Open zoezyn opened 2 years ago
If you want to reduce the memory usage and improve the training speed, I would recommend you to reduce the hidden size "hidden_dim" (e.g. 100) and the number of layers "num_layers" (e.g. 2).
Moreover, the current code by default uses bidirectional MDRNN, as shown in "./models/joint_models": https://github.com/LorrinWWW/two-are-better-than-one/blob/b09a0f9fb1dff1ef6d4f4ade005099488e3b8111/models/joint_models.py#L183 To accelerate training, you can modify direction="B" to direction="" so as to use unidirectional RNN ("direction" could be "", "B", or "Q", which represent unidirectional, bidirectional, and quaddirectional RNN respectively).
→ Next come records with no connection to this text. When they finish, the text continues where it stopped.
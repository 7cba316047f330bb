-- ===== src/Compress/Close.antt =====
-- What `Close` of the parallel writer has written when it returns.
use db_backup.Base.{
  ℕ, zero, suc, ◌+◌, ◌≤◌, ◌<◌, ◌≡◌, refl, ap, ◌∙◌, subst, Bool, false, List, [], ◌∷◌, ◌++◌, Option,
  some, Bytes, length, take, map, arith, inl, inr, concat, ltb, Bool-cases,
}
use db_backup.Compress.Segments.{segments_of, concat-segments_of}
use db_backup.Compress.Settle.{Encodes}
use db_backup.Compress.Arrive.{IsSettled, Arrived}
use db_backup.Compress.Workers.{
  Phase, unborn, waiting, Pipeline, thread_count, outcome, submits, moves, receives, Reached, start,
  step, all_unborn, IsFinished,
}
use db_backup.Compress.Counts.{encoders, Fates-get, Queued}
use db_backup.Compress.Order.{Delivered, reached-Inv}

Encodes-shift :
    (e : ℕ → Option Bytes) (bs : List Bytes) (k : ℕ)
    → Encodes e (suc k) bs
    → Encodes (λ i. e (suc i)) k bs
Encodes-shift e [] k h = tt
Encodes-shift e (b ∷ bs) k (h, hs) = (h, Encodes-shift e bs (suc k) hs)

Encodes-take :
    (encode : Bytes → Option Bytes) (segs bs : List Bytes)
    → Encodes (outcome encode segs) 0 bs
    → map encode (take (length bs) segs) ≡ map some bs
Encodes-take encode segs [] h = refl
Encodes-take encode [] (b ∷ bs) (h, hs) = cc
Encodes-take encode (s ∷ segs) (b ∷ bs) (h, hs) =
    cc (h, Encodes-take encode segs bs (Encodes-shift (outcome encode (s ∷ segs)) bs 0 hs))

length-swap :
    (before after : List Phase) (p q : Phase)
    → length (before ++ p ∷ after) ≡ length (before ++ q ∷ after)
length-swap [] after p q = refl
length-swap (b ∷ before) after p q = ap suc (length-swap before after p q)

length-all_unborn : (segs : List Bytes) → length (all_unborn segs) ≡ length segs
unfolding all_unborn
length-all_unborn [] = refl
length-all_unborn (s ∷ segs) = ap suc (length-all_unborn segs)

module _ (threads : ℕ) (encode : Bytes → Option Bytes) (accepts : List Bytes → Bytes → Bool)
    (segs : List Bytes) where
  length-workers :
      (s : Pipeline) → Reached threads encode accepts segs s → length s.workers ≡ length segs
  length-workers s start = length-all_unborn segs
  length-workers s (step r _ b (submits n c col before after h)) =
      length-swap before after waiting unborn ∙ length-workers r b
  length-workers s (step r _ b (moves n m c d col before after p q mv)) =
      length-swap before after q p ∙ length-workers r b
  length-workers s (step r _ b (receives n x c col ps)) = length-workers r b

  -- However the goroutines take turns, at most as many of them encode as there are threads, each with
  -- its own token, and the buffers written are what the encoder makes of the first segments, in
  -- their order.
  pub written_in_order :
      (s : Pipeline)
      → Reached threads encode accepts segs s
      → (s.slots ≡ encoders s.workers)
        × (encoders s.workers ≤ thread_count threads)
        × (map encode (take (length s.collector.written) segs) ≡ map some s.collector.written)
  written_in_order s r =
      let i = reached-Inv threads encode accepts segs s r in
      (
        i.counted.0,
        omega (arith, i.counted.0, i.counted.1),
        Encodes-take encode segs s.collector.written i.sound.encoded,
      )

  not_missing :
      (s : Pipeline) (k : ℕ)
      → IsSettled s.collector
      → s.collector.stopped ≡ false
      → k ≡ s.collector.next
      → Arrived k s.collector
      → ⊥
  not_missing s k h f e (inl a) = cc
  not_missing s k h f e (inr (inl a)) = omega (arith, a, e)
  not_missing s k (inl h) f e (inr (inr (b, w))) = cc
  not_missing s k (inr h) f e (inr (inr (b, w))) = cc

  channel_empty : (s : Pipeline) (k : ℕ) → s.results ≡ [] → Queued k s.results → ⊥
  channel_empty s k e q = subst (Queued k) e q

  all_written :
      (s : Pipeline)
      → Reached threads encode accepts segs s
      → IsFinished s
      → s.collector.stopped ≡ false
      → length segs ≤ s.collector.next
  all_written s r (a, e) f = elim (Bool-cases (ltb s.collector.next (length segs))) [
    | inr l ↦ ground (arith, l)
    | inl l ↦
        let i = reached-Inv threads encode accepts segs s r in
        let d : Delivered threads (outcome encode segs) accepts s.results s.collector
            (0 + s.collector.next) =
          Fates-get (Delivered threads (outcome encode segs) accepts s.results s.collector)
            s.workers 0 s.collector.next a i.delivered (ground (arith, l, length-workers s r)) in
        elim d [
          | inl q ↦ absurd (channel_empty s (0 + s.collector.next) e q)
          | inr q ↦ absurd (not_missing s (0 + s.collector.next) i.settled f (omega arith) q)
        ]
  ]

take_all {ℓ} : {A : Type ℓ} (n : ℕ) (xs : List A) → length xs ≤ n → take n xs ≡ xs
take_all zero [] h = refl
take_all zero (x ∷ xs) h = ground arith
take_all (suc n) [] h = refl
take_all (suc n) (x ∷ xs) h = ap (λ t. x ∷ t) (take_all n xs (omega (arith, h)))

-- For a positive segment size, once `Close` returns and no error has stopped the collector, the
-- buffers written are what the encoder makes of every segment of the data that `Write` was given,
-- in their order, and the segments together are exactly those data.
pub close-writes_all :
    (threads size : ℕ) (encode : Bytes → Option Bytes) (accepts : List Bytes → Bytes → Bool)
    (ps : List Bytes) (s : Pipeline)
    → 0 < size
    → Reached threads encode accepts (segments_of size [] ps) s
    → IsFinished s
    → s.collector.stopped ≡ false
    → (map encode (segments_of size [] ps) ≡ map some s.collector.written)
      × (concat (segments_of size [] ps) ≡ concat ps)
close-writes_all threads size encode accepts ps s h r f e =
    let segs : List Bytes = segments_of size [] ps in
    let i = reached-Inv threads encode accepts segs s r in
    let (_, _, w) = written_in_order threads encode accepts segs s r in
    let full : take (length s.collector.written) segs ≡ segs =
      take_all (length s.collector.written) segs
        (omega (arith, i.sound.counted, all_written threads encode accepts segs s r f e)) in
    (
      subst (λ t. map encode t ≡ map some s.collector.written) full w,
      concat-segments_of size ps [] h,
    )
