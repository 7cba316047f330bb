-- ===== src/Compress/Codec.antt =====
-- `Parse` and `Extension` of src/internal/compress/compress.go.
use db_backup.Base.{[], ◌∷◌, Bytes, codes, mem, if◌then◌else◌}
use db_backup.Text.{to_lower}

-- `Type`; `plain` is the source's `None`.
pub data Codec : Type 0 where
  bzip2 gzip xzip zstd plain : Codec

unfoldable pub parse_codec : Bytes → Codec
unfolding to_lower mem
parse_codec s =
    if mem (to_lower s) (codes "bz" ∷ codes "bzip" ∷ codes "bzip2" ∷ [])
    then bzip2
    else if mem (to_lower s) (codes "gz" ∷ codes "gzip" ∷ [])
    then gzip
    else if mem (to_lower s) (codes "xz" ∷ codes "xzip" ∷ [])
    then xzip
    else if mem (to_lower s) (codes "zst" ∷ codes "zstd" ∷ [])
    then zstd
    else plain

unfoldable pub extension : Codec → Bytes
extension bzip2 = codes ".bz2"
extension gzip = codes ".gz"
extension xzip = codes ".xz"
extension zstd = codes ".zst"
extension plain = []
If you still want to use CNN instead of MDRNN, you can create your version of table encoder, and replace the MDRNN-bsed one with it: https://github.com/LorrinWWW/two-are-better-than-one/blob/b09a0f9fb1dff1ef6d4f4ade005099488e3b8111/models/joint_models.py#L160-L161 If you are not in a hurry, I will look into this in the near future. Thank you for your understanding!
Thank you very much for the suggestions! I would still like to try with the CNN. I am looking into the code. I think I only need to change the module in gru.py right?
Hello! I am trying your model on my tiny dataset. Would it be possible for you to publish or send me the model with CNN instead of MD-RNN? Since CNN is enough for my small dataset, I would like to reduce the complexity of the model.